Sempre soube que nós, seres humanos, somos poços de obscuros mistérios. Pela vida toda, só percebemos alguns. Há pessoas que nada captam, preocupadas com os problemas concretos que as rodeiam. Sentir esses outros, metafísicos, é um prêmio ou castigo?
Inocentes e meio cegas, algumas pessoas creem (e até afirmam categoricamente) que são donas de seu destino. Ledo engano! Tomados pela insciência da vida, somos meros joguetes, marionetes desarvoradas de um poder invisível, muito maior. Inocentes crédulos, julgamos que temos a liberdade de optar, escolher, mas na verdade não somos nós quem dá a sentença. Recebemos um presente de grego, o livre arbítrio, falsa impressão do poder de escolha. A vida, todavia, é uma eterna acareação. Nós, os réus, inseguros, às vezes até sentimos que somos donos do epílogo, entretanto, tudo é mistério.
Na realidade, estamos sempre diante de autoridades maiores: no centro, Deus, senhor dos destinos humanos; vêm após, as autoridades menores. Ainda há uma certa eminência parda que dirige o espetáculo. O final é sempre duvidoso. O consolo é o réu pensar que tem algum poder. Quantas vezes nós, os artistas centrais de cada peça, temos a doirada impressão que há um script coerente e definitivo, lógico, que somos os donos da história, com a certeza de que haverá um happy end. Há finais abertos, fechados, com anticlímax e clímax, dificilmente algo belo, róseo e lírico.
Primeiro, jamais há um script prévio. Toda vida é um happening, peça teatral duvidosa, dinâmica, onde cada ator e atriz encenam seu papel, conforme pode, de acordo com seu talento artístico. Quantas vezes eu, você, todos, planejamos, optamos por um caminho que julgamos certo e feliz. E o que acontece quase sempre? O Diabo, sem ser convidado, surge na peça, distorce o pretenso script original e a história muda, desanda, declina, reverte.
Os otimistas são os que mais sofrem com essas mudanças inesperadas. Mas teimam, recomeçam, são verdadeiros Sísifos na montanha da existência. Os pessimistas são os olheiros amargos, que parecem dotados de possíveis antenas capazes de captar, metafisicamente, a tragicidade da vida; lembram hienas, urubus e certos bichos carniceiros, que comem carne podre.
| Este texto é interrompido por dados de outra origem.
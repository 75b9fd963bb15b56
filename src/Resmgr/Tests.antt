-- ===== src/Resmgr/Tests.antt =====
-- Runs of the resource manager on a chip that keeps its lines' values, and on a small system.
use qnx_virtio.Common.{
  ℕ, zero, suc, ◌≡◌, refl, Bool, true, false, not, ◌&&◌, ◌||◌, Option, none, some, List, [], ◌∷◌,
  eok, enomem, ok, arith, ◌==◌, if◌then◌else◌,
}
use qnx_virtio.Resmgr.{File, GpioCalls, resmgr_write, resmgr_read}
use qnx_virtio.Resmgr.Files.{read-write}
use qnx_virtio.Resmgr.Run.{ResmgrSystem, attach_all, attach_lines}
use qnx_virtio.Resmgr.Names.{Names, attach_all-keeps_chip}

-- The values of the lines.
abbrev Lines : Type 0
Lines = ℕ → ℕ

abbrev chip_calls : GpioCalls Lines
chip_calls = record {
  set_value = λ gpio value d. some (eok, some 0, λ k. if k == gpio then value else d k);
  get_value = λ gpio d. some (eok, some (d gpio), d);
  get_direction = λ gpio d. some (eok, some 1, d);
  num_gpios = λ d. ok 4;
  get_chip_index = λ d. ok 0;
}

abbrev low : Lines
low k = 0

-- The file of line 3.
abbrev line3 : File
line3 = record { index = 3; value = 0; nbytes = 1; offset = 0 }

abbrev high3 : Lines
high3 k = if k == 3 then 1 else low k

read-write_example :
    (end : File) × (resmgr_write chip_calls eok 1 (ok 49) line3 low ≡ some (eok, some 1, high3))
    × (resmgr_read chip_calls eok 512 line3 high3 ≡ some (eok, some 1, end, high3))
    × (end.value ≡ 49)
    × (resmgr_read chip_calls eok 512 end high3 ≡ some (eok, some 0, end, high3))
read-write_example =
    read-write chip_calls 512 512 49 line3 line3 low high3 high3 (some 0) refl refl refl refl refl
      (omega arith)

-- The ids that are left, and those that are attached.
abbrev Desk : Type 0
Desk = ℕ × List ℕ

abbrev among : ℕ → List ℕ → Bool
among k [] = false
among k (i ∷ is) = k == i || among k is

abbrev without : ℕ → List ℕ → List ℕ
without k [] = []
without k (i ∷ is) = if i == k then without k is else i ∷ without k is

abbrev taken : List ℕ → ℕ → Desk → Option ℕ × Desk
taken is i (n, js) = if among i js then (none, (n, js)) else (some i, (n, i ∷ js))

abbrev take_id : Desk → Option ℕ × Desk
take_id (zero, is) = (none, (zero, is))
take_id (suc n, is) = taken is n (n, is)

among-without : (i k : ℕ) (is : List ℕ) → among k (without i is) ≡ (not (k == i) && among k is)
among-without i k [] = ground arith
among-without i k (j ∷ is) = ground (arith, among-without i k is)

abbrev desk : ResmgrSystem Desk
desk = record {
  errno = λ w. enomem;
  dispatch_create = λ w. (true, w);
  dispatch_destroy = λ w. w;
  calloc = λ b w. (true, w);
  free = λ b w. w;
  resmgr_attach = λ node w. take_id w;
  resmgr_detach = λ id (n, is). (n, without id is);
  dispatch_context_alloc = λ w. (true, w);
  serve = λ w. (false, w);
}

take_id-new : (w : Desk) (i : ℕ) → (take_id w).0 ≡ some i → among i w.1 ≡ false
take_id-new (zero, is) i h = ground (arith, h)
take_id-new (suc n, is) i h = ground (arith, h)

take_id-some :
    (w : Desk) (i k : ℕ)
    → (take_id w).0 ≡ some i
    → among k (take_id w).1.1 ≡ (k == i || among k w.1)
take_id-some (zero, is) i k h = ground (arith, h)
take_id-some (suc n, is) i k h = ground (arith, h)

take_id-none : (w : Desk) (k : ℕ) → (take_id w).0 ≡ none → among k (take_id w).1.1 ≡ among k w.1
take_id-none (zero, is) k h = refl
take_id-none (suc n, is) k h = ground (arith, h)

desk_names : Names desk
desk_names = record {
  attached = λ w k. among k w.1;
  attach-new = λ node w i h. take_id-new w i h;
  attach-some = λ node w i k h. take_id-some w i k h;
  attach-none = λ node w k h. take_id-none w k h;
  detach-not = λ i w k. among-without i k w.1;
  free-same = λ b w k. refl;
  destroy-same = λ w k. refl;
}

-- Three names can be attached: those of the chip and of the first two of four lines.
attach_all-keeps_chip_example :
    (w' : Desk) × (attach_all desk 1 4 (3, 7 ∷ []) ≡ some (enomem, w')) × (among 2 w'.1 ≡ true)
unfolding attach_lines desk_names
attach_all-keeps_chip_example =
    attach_all-keeps_chip desk desk_names 1 4 (3, 7 ∷ []) 2 enomem 2 refl refl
Todavia, quem escreve poemas, crônicas, contos ou romances, já deve ter percebido que às vezes até os textos parecem ter um certo poder, como se tivessem vida própria. Apesar do autor, eles dão a impressão de serem independentes, de escolher seu final. Assim é a vida. O que sobra é uma certa beleza nos heróis humanos, que teimam em lutar, alcançar o pomo dourado da felicidade. Grandeza, mérito não será isto?
O que se pode fazer em realidade tão complexa? Como reagir diante da nossa impotência, o total desamparo no enfrentamento de algo sem solução, sem Manual de Instrução, nem o direito de acionar o CNJ (Conselho Nacional de Justiça)? Um exemplo contundente e inquestionável: a inexorabilidade do envelhecimento e da morte. Alguém ainda se julga dono de seu destino?